▶ _YOUR OBJECTIVE_: Exactly as they appear below, repeat the lines from the one with "signs_up : String → Referral → Request" through the one with "IsTrace clock ((now, syncs", and no others.
START DATA FOR THIS EXERCISE
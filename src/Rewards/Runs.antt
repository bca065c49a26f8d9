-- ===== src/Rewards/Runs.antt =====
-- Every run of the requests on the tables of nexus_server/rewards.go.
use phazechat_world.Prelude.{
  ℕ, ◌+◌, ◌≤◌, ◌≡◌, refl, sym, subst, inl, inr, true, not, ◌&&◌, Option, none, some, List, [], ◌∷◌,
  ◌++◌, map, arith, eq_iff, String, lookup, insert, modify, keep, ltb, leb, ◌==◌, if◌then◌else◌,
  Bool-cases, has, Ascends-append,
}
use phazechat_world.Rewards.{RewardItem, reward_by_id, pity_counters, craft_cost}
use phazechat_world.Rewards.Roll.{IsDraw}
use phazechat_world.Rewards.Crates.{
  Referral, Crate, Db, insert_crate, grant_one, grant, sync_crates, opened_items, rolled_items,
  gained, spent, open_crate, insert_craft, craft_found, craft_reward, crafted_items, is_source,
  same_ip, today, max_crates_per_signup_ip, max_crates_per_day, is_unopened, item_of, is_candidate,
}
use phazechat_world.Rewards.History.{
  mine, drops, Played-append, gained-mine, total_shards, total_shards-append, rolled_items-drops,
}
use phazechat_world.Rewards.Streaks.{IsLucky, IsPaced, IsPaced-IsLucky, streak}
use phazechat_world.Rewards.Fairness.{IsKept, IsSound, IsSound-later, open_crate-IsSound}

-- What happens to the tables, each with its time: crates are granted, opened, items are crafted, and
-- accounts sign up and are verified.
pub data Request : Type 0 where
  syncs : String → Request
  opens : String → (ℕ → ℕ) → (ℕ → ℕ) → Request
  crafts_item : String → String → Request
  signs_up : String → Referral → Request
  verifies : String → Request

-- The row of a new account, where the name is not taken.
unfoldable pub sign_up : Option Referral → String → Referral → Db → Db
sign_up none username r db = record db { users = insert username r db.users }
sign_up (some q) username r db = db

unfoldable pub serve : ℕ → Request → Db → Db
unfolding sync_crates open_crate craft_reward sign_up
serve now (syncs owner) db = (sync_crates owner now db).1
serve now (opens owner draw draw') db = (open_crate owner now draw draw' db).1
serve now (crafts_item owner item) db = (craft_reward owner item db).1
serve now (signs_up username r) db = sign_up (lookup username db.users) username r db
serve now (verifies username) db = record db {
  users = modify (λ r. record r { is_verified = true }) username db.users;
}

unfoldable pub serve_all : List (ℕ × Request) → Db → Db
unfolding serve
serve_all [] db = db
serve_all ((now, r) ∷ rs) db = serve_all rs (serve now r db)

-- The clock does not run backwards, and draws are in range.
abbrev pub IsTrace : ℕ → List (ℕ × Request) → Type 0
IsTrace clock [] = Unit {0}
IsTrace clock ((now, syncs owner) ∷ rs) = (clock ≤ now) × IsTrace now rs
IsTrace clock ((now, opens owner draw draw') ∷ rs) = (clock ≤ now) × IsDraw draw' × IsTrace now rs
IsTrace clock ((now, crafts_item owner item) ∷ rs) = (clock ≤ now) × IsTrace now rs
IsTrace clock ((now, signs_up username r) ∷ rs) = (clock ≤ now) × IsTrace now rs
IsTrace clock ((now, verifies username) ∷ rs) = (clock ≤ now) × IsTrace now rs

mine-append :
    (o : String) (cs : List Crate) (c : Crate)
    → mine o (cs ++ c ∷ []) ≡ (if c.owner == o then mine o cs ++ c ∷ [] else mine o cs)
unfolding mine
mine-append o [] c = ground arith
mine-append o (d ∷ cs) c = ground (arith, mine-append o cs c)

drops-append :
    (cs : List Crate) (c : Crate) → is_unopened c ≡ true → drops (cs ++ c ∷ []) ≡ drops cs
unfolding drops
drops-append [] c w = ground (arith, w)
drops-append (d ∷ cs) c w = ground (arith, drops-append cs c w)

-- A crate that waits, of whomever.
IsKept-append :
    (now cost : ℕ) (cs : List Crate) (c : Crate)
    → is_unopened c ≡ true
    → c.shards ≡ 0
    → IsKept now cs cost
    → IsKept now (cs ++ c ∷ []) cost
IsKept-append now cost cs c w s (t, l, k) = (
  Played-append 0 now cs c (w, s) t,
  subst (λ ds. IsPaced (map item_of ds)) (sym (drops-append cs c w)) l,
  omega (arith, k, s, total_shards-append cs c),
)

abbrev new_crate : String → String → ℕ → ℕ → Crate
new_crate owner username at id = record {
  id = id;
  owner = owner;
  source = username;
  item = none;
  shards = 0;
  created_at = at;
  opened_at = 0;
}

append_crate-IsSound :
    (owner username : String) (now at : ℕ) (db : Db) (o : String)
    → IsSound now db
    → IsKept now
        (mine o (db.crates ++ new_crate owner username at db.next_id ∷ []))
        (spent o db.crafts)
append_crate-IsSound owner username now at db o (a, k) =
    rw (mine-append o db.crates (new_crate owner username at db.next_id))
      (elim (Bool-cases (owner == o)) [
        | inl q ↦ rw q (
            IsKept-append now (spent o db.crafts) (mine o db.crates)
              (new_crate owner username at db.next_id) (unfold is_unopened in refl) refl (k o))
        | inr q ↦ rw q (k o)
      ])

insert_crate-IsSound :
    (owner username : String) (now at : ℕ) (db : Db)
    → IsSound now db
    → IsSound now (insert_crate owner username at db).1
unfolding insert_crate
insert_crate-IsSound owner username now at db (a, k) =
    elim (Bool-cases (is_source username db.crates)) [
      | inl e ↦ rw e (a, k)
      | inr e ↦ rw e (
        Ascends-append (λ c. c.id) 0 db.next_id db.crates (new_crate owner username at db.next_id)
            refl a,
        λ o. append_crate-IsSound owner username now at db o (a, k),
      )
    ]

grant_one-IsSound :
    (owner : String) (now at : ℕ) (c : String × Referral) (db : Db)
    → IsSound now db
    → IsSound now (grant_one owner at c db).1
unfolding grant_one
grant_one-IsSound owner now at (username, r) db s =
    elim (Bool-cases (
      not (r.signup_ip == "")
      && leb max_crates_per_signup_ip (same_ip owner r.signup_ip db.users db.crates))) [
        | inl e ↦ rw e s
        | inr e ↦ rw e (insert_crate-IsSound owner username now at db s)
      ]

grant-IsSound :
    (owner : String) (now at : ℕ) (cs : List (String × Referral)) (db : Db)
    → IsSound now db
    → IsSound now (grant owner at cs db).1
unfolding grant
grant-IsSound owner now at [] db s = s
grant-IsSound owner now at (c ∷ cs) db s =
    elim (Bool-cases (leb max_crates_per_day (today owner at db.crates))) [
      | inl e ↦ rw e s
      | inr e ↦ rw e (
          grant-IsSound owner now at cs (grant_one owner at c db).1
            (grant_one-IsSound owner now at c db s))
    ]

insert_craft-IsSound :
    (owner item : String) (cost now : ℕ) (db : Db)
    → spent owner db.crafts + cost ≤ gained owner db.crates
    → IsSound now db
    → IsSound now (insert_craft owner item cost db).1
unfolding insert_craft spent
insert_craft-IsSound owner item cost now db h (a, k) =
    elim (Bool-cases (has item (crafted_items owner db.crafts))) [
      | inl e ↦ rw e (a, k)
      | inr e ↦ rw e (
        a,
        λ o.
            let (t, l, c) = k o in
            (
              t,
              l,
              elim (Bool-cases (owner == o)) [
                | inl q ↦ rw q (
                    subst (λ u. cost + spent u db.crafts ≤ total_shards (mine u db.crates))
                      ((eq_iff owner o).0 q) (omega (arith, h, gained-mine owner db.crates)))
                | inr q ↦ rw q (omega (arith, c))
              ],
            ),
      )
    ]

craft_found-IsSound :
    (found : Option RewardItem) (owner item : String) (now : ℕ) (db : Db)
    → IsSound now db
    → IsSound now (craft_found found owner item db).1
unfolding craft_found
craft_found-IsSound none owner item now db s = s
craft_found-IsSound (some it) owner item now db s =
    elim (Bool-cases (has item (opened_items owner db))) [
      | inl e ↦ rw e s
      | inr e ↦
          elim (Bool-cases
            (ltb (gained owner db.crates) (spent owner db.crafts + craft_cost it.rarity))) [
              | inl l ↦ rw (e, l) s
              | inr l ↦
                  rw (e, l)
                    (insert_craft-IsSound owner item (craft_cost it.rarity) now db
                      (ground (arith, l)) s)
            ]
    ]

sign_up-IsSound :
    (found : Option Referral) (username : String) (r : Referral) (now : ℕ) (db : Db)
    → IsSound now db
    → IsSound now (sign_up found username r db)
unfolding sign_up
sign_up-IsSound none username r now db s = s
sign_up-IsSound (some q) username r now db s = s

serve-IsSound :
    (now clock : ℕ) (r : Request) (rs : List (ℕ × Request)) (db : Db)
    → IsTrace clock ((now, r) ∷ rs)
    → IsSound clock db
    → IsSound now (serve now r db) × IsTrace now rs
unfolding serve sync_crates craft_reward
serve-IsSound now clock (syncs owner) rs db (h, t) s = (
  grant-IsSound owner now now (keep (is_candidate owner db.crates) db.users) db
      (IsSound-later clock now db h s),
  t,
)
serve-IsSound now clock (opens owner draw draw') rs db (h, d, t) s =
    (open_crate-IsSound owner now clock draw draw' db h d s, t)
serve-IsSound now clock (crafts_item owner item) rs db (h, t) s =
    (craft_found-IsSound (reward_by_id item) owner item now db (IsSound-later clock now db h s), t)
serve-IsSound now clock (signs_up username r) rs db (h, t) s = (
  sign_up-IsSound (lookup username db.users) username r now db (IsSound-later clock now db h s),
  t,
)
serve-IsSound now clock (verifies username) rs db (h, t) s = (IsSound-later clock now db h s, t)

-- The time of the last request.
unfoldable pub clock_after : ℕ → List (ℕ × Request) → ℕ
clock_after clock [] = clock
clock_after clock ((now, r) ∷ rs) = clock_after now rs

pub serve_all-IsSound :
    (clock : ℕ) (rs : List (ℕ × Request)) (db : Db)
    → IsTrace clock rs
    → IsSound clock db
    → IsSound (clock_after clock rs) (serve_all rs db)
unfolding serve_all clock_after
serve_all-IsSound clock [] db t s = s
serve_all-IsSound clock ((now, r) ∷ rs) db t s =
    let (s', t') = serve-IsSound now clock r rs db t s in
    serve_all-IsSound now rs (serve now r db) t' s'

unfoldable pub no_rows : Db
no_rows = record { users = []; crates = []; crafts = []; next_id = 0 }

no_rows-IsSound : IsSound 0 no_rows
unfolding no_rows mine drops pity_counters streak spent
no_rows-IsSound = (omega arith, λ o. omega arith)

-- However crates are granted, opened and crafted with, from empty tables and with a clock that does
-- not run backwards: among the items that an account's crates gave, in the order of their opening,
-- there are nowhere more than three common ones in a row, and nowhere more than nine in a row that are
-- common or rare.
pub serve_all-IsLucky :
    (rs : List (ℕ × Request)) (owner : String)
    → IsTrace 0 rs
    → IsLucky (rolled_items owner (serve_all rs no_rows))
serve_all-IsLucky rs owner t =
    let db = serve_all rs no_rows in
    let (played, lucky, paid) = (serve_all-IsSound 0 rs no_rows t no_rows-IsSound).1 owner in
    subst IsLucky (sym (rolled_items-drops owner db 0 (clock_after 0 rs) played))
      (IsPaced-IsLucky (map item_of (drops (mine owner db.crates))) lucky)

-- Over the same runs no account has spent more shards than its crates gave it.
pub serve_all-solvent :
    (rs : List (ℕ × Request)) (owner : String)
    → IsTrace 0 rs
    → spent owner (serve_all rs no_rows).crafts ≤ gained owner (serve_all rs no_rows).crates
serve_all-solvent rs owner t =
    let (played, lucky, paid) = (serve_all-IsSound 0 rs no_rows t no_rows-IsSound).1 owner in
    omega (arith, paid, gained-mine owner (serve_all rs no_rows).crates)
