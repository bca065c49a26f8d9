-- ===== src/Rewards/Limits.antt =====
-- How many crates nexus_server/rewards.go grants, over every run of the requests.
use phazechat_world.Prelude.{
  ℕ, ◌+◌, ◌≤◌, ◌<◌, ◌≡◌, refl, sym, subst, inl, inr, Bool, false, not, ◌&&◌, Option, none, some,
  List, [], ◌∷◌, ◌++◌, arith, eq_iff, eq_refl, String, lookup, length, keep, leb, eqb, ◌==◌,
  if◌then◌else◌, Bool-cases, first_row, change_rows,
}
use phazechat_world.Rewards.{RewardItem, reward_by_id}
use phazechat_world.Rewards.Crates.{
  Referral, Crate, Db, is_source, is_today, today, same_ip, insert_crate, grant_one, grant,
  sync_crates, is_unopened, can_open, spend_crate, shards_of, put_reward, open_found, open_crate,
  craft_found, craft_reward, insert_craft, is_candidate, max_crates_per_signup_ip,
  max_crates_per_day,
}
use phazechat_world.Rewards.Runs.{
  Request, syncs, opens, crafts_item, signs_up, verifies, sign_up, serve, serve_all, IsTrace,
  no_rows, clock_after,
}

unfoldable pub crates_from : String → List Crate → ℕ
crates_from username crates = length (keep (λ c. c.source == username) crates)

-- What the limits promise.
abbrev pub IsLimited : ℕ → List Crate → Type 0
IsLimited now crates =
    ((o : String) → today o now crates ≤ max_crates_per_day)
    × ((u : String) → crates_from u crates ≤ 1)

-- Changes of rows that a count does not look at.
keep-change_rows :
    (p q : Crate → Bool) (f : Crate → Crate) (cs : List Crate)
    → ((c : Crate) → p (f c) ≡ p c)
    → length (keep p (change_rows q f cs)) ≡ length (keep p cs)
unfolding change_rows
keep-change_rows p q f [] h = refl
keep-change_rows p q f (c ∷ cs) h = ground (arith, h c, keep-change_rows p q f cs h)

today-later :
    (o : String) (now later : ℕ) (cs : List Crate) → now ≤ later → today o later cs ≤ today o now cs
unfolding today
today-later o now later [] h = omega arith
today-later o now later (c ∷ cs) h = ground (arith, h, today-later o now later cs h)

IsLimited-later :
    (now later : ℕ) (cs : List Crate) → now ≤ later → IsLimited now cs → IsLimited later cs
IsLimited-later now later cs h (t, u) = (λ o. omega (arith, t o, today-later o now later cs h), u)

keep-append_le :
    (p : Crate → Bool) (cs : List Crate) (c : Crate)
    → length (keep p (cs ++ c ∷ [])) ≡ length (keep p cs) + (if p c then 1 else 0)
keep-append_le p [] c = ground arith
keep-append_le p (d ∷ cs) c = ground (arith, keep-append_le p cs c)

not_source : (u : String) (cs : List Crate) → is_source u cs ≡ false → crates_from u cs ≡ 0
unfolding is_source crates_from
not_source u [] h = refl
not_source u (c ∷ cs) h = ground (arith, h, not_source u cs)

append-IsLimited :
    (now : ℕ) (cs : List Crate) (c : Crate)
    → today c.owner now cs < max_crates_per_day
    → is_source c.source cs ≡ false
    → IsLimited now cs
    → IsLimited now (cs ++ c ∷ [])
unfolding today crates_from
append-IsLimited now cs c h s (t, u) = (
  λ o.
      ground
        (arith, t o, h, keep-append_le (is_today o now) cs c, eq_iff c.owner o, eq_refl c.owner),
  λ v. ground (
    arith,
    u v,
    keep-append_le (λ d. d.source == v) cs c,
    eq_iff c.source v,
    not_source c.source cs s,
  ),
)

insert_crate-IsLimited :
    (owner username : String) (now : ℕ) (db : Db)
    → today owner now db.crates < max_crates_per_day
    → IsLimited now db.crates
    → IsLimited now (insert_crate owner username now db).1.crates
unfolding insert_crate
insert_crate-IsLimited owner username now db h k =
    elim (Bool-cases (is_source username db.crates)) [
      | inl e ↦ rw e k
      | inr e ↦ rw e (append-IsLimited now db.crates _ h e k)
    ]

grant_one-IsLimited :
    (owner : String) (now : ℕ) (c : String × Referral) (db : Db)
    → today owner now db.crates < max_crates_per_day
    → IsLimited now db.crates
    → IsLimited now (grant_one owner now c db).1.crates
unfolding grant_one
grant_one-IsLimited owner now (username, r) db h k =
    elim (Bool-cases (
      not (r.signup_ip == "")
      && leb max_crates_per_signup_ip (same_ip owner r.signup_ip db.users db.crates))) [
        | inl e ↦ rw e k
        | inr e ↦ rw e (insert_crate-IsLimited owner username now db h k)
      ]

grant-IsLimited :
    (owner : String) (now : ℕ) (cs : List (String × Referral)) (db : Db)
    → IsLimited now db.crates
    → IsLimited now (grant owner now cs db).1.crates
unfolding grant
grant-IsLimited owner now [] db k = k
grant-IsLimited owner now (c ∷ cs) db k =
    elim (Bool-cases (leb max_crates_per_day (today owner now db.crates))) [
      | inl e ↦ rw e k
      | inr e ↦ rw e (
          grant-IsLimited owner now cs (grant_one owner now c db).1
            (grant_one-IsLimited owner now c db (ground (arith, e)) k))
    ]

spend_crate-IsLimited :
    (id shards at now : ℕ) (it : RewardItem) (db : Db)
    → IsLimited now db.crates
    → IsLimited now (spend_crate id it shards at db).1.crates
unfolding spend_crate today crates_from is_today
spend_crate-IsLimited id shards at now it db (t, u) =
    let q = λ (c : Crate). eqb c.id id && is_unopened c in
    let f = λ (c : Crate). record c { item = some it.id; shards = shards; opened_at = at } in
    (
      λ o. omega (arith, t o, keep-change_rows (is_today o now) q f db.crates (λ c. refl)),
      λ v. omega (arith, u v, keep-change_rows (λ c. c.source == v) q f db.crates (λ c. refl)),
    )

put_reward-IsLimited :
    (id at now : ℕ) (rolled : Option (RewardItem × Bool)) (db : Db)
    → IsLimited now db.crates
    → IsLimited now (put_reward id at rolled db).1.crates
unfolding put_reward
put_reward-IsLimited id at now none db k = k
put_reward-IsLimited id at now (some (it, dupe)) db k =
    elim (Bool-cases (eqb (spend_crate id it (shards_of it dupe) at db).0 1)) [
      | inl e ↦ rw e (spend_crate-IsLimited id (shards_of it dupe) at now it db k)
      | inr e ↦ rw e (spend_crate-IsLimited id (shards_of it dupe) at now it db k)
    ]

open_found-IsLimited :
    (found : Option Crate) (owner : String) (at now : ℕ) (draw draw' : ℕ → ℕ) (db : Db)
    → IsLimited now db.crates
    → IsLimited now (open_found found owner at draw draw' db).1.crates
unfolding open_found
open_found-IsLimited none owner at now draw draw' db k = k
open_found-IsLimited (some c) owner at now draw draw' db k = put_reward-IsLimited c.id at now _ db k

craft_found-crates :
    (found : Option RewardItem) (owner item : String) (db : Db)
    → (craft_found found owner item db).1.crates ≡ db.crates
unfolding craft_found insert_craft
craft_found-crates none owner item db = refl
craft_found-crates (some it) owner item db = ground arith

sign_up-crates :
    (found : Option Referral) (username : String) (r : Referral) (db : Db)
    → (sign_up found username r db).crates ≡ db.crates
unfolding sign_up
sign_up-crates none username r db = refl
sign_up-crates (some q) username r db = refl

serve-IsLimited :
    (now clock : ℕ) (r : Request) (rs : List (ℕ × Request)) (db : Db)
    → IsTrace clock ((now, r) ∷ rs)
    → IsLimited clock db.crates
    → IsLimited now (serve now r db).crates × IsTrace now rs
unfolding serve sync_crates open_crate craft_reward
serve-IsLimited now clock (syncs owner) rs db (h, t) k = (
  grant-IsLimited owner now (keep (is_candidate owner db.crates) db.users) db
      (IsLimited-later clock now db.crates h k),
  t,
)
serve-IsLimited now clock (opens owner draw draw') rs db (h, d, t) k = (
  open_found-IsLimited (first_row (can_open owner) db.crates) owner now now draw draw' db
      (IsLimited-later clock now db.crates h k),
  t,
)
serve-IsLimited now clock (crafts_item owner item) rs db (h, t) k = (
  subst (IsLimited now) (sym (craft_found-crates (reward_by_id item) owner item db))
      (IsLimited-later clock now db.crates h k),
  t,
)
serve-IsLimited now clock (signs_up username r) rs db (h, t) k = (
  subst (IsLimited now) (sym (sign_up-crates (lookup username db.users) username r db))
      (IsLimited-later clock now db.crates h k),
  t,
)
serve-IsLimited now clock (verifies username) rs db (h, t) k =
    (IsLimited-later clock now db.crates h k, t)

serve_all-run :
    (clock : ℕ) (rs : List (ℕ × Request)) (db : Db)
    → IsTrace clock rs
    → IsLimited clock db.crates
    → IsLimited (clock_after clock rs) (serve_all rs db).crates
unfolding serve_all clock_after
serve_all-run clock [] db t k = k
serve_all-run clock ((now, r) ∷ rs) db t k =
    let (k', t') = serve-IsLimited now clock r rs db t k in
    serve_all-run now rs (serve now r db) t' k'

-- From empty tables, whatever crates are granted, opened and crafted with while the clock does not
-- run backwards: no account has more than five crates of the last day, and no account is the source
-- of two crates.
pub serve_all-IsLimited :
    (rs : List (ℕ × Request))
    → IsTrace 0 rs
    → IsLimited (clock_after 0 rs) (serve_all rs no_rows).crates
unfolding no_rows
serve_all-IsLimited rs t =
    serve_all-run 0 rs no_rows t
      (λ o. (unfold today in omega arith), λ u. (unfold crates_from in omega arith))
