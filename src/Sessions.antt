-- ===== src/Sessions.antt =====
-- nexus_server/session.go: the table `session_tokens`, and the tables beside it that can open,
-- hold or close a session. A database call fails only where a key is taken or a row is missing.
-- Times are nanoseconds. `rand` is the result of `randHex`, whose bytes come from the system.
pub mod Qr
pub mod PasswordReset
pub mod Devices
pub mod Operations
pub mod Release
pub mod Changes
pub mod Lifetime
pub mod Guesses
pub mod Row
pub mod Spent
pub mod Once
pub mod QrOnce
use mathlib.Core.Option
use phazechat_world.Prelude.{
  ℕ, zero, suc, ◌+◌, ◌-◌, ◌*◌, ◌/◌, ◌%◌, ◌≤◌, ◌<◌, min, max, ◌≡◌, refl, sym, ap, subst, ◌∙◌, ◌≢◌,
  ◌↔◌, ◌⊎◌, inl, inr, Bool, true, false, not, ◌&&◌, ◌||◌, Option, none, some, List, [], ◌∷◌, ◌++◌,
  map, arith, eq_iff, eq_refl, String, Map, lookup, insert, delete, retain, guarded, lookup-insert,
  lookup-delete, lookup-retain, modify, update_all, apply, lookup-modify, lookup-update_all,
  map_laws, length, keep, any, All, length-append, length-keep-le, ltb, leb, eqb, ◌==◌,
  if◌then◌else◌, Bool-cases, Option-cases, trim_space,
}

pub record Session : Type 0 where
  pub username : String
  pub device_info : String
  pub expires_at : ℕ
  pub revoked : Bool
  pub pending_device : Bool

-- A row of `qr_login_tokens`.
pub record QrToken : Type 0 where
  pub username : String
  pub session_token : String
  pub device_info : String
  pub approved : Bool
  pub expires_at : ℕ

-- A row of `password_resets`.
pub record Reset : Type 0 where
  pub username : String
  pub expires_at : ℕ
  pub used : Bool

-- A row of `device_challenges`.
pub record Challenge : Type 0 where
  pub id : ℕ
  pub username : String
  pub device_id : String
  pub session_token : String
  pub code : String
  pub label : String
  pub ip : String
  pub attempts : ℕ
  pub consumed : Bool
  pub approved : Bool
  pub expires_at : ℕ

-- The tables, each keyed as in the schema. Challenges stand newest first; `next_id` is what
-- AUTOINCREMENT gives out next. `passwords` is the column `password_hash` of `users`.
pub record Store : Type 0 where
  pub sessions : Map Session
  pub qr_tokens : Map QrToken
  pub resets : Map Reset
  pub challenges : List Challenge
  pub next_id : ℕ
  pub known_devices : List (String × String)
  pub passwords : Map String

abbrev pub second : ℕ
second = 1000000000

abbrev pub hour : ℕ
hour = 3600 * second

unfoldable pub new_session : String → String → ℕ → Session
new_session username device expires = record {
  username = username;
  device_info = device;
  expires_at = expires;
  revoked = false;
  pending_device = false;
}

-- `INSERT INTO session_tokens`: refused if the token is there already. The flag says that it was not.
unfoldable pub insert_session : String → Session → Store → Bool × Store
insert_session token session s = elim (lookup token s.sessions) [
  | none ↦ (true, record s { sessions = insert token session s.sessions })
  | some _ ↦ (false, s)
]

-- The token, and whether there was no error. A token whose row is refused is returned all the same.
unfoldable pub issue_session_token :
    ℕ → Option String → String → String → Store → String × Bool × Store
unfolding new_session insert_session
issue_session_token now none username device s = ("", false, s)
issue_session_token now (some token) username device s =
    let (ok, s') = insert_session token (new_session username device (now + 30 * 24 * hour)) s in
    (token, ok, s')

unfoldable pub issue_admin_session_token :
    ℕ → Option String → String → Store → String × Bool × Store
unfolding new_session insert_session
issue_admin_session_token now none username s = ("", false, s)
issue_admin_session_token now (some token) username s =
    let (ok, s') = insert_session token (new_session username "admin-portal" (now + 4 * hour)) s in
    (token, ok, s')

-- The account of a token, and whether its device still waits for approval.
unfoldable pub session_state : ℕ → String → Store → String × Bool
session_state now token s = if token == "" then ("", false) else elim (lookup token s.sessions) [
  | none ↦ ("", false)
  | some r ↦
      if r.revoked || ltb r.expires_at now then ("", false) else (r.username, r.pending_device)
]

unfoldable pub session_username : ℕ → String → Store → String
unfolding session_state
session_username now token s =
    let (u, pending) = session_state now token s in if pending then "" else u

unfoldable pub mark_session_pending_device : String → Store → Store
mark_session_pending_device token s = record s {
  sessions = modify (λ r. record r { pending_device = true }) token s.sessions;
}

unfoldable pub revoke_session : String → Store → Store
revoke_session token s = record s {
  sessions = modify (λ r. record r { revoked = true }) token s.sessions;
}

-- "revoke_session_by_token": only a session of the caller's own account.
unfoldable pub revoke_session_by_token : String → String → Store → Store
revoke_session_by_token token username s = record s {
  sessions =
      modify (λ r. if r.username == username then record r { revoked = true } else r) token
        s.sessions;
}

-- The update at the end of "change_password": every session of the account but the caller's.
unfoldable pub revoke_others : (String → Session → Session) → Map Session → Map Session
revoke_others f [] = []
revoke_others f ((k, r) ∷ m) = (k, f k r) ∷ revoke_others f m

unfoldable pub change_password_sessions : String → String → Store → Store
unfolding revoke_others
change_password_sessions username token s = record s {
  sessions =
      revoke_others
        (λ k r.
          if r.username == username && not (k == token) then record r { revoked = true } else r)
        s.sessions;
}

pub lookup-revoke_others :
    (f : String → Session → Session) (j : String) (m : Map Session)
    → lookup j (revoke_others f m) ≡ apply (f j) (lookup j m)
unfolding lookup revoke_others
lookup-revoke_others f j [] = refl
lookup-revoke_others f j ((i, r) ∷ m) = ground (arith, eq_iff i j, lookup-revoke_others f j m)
END DATA FOR THIS EXERCISE
▶ _OUTPUT FOR THIS EXERCISE_:
  signs_up : String → Referral → Request
  verifies : String → Request

-- The row of a new account, where the name is not taken.
unfoldable pub sign_up : Option Referral → String → Referral → Db → Db
sign_up none username r db = record db { users = insert username r db.users }
sign_up (some q) username r db = db

unfoldable pub serve : ℕ → Request → Db → Db
unfolding sync_crates open_crate craft_reward sign_up
serve now (syncs owner) db = (sync_crates owner now db).1
serve now (opens owner draw draw') db = (open_crate owner now draw draw' db).1
serve now (crafts_item owner item) db = (craft_reward owner item db).1
serve now (signs_up username r) db = sign_up (lookup username db.users) username r db
serve now (verifies username) db = record db {
  users = modify (λ r. record r { is_verified = true }) username db.users;
}

unfoldable pub serve_all : List (ℕ × Request) → Db → Db
unfolding serve
serve_all [] db = db
serve_all ((now, r) ∷ rs) db = serve_all rs (serve now r db)

-- The clock does not run backwards, and draws are in range.
abbrev pub IsTrace : ℕ → List (ℕ × Request) → Type 0
IsTrace clock [] = Unit {0}
IsTrace clock ((now, syncs owner) ∷ rs) = (clock ≤ now) × IsTrace now rs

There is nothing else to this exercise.